Running the Core on IP – Money Saving Legacy Protocol Tips
The transition from analog-based business video surveillance to an IP-based digital monitoring has gathered significant momentum over the course of the past five years. However, there are still many organizations that choose to maintain existing analog video systems because of the perceived costs associated with moving to an IP solution, as well as concerns about reliability. Fortunately, it is possible to combine analog and IP video surveillance under the same umbrella and in doing so reduce the overall security budget.
An existing coaxial cable infrastructure can be used as a resource while shifting to or adopting aspects of IP video surveillance. Traditionally, the use of coax has been limited to transmitting standard-definition video feeds from close-circuit video cameras over relatively short distances compared to what can be achieved with an IP video network operating over twisted pair cable. New video systems can add an extra dimension to coax cable by allowing for RS 485 data transmission and DC power transmission alongside traditional video and audio signals. These systems are also capable of extending the range of transmission up to 1,000 meters, which is a significant improvement over analog coaxial video limits.
It is also possible to enhance existing analog video surveillance systems by integrating them with an IP core that adds improved functionality to video data by converting it from analog to digital. This type of deployment represents the best of both worlds from a cost and utility standpoint: security management is able to leverage an existing investment in analog infrastructure while simultaneously unbundling video storage and recording from the system. Remote network video recording software can stream digital video to a standard data center where it can be stored alongside other corporate data on the same affordable rackmount hardware. This eliminates the need to purchase dedicated proprietary recording equipment for business video surveillance use and enhances the redundancy of the system in question.
Divorcing encoding from storage using an analog-to-digital gateway also improves the efficiency of data centers by removing the burden of processing incoming streams at the server level.
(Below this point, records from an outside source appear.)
-- ===== src/Reconciler/Issue/Fresh.antt =====
-- A certificate that was just written is current.
use kmp_issuer.Base.{◌≡◌, refl, ap, ◌∙◌, ℕ, true, false, ok, is_nil, ltz, pos}
use kmp_issuer.X509.{Certificate, Platform}
use kmp_issuer.Api.Certificates.{KmpCertificate}
use kmp_issuer.Cluster.Data.{SecretData, bytes_or_empty, get_or_empty}
use kmp_issuer.Cluster.Access.{Secret, Library}
use kmp_issuer.Provision.Names.{verify_provisioned_names}
use kmp_issuer.Reconciler.Renewal.{renewal_time}
use kmp_issuer.Reconciler.Spec.{provision_request}
use kmp_issuer.Reconciler.Spec.Matches.{matches_spec_iff}
use kmp_issuer.Reconciler.Spec.Provisioned.{FoldsBothWays, IsPlain, matches_spec-provision_request}
use kmp_issuer.Reconciler.Need.{current, leaf_of, need_of_secret, tls_cert_key, tls_private_key_key}
use kmp_issuer.Reconciler.Need.Laws.{IsCurrent-need_of_secret}
use kmp_issuer.Reconciler.Issue.{Material, filled_data}
use kmp_issuer.Reconciler.Issue.Laws.{lookup_key-filled_data}

-- If `writeSecret` filled a Secret with a chain and a key that are not empty, the chain's first
-- certificate is one that `verifyProvisionedNames` accepted for the request of the spec, the spec is
-- one of which that function checks all that `matchesSpec` does, `strings.EqualFold` does not depend
-- on the order of its arguments, and the renewal is still to come, then no new certificate is needed.
pub need_of_secret-filled_data :
    (l : Library) (p : Platform) (certificate : KmpCertificate) (time : ℕ) (secret : Secret)
    (m : Material) (old : SecretData) (leaf : Certificate)
    → FoldsBothWays (Platform.unicode p)
    → IsPlain p certificate.spec
    → secret.contents ≡ filled_data m old
    → is_nil m.chain_pem ≡ false
    → is_nil m.key_pem ≡ false
    → leaf_of l m.chain_pem ≡ ok leaf
    → verify_provisioned_names p (provision_request certificate.spec m.password) leaf ≡ ok tt
    → ltz (pos time) (renewal_time leaf certificate.spec.renew_before) ≡ true
    → need_of_secret l p certificate time secret
      ≡ current (renewal_time leaf certificate.spec.renew_before)
need_of_secret-filled_data l p certificate time secret m old leaf both plain written chain key read
      accepted early =
    let (cert_found, key_found, ca_found, password_found, others) = lookup_key-filled_data m old in
    let cert : get_or_empty tls_cert_key secret.contents ≡ m.chain_pem =
      ap (get_or_empty tls_cert_key) written ∙ ap bytes_or_empty cert_found in
    let private : get_or_empty tls_private_key_key secret.contents ≡ m.key_pem =
      ap (get_or_empty tls_private_key_key) written ∙ ap bytes_or_empty key_found in
    IsCurrent-need_of_secret l p certificate time secret _ (record {
      certificate_there = ap is_nil cert ∙ chain;
      key_there = ap is_nil private ∙ key;
      leaf = leaf;
      read = ap (leaf_of l) cert ∙ read;
      suits =
          (matches_spec_iff p leaf certificate.spec).0
            (matches_spec-provision_request p certificate.spec m.password leaf both plain accepted);
      renewal = refl;
      to_come = early;
    })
Once a video feed has been captured by the encoding device, it can be streamed to any location accessible via IP, which allows individual servers to manage a greater number of feeds. Analog viewing stations can still be kept in the mix by employing digital-to-analog gateways that can pull IP video from the network and allow for full interaction by security personnel using the equipment of their choice.
Embracing IP video surveillance doesn’t necessarily mean abandoning a previous investment in a legacy analog system. Careful consideration of the needs of an organization, combined with a full understanding of the benefits of digital video often reveals a cost-saving compromise.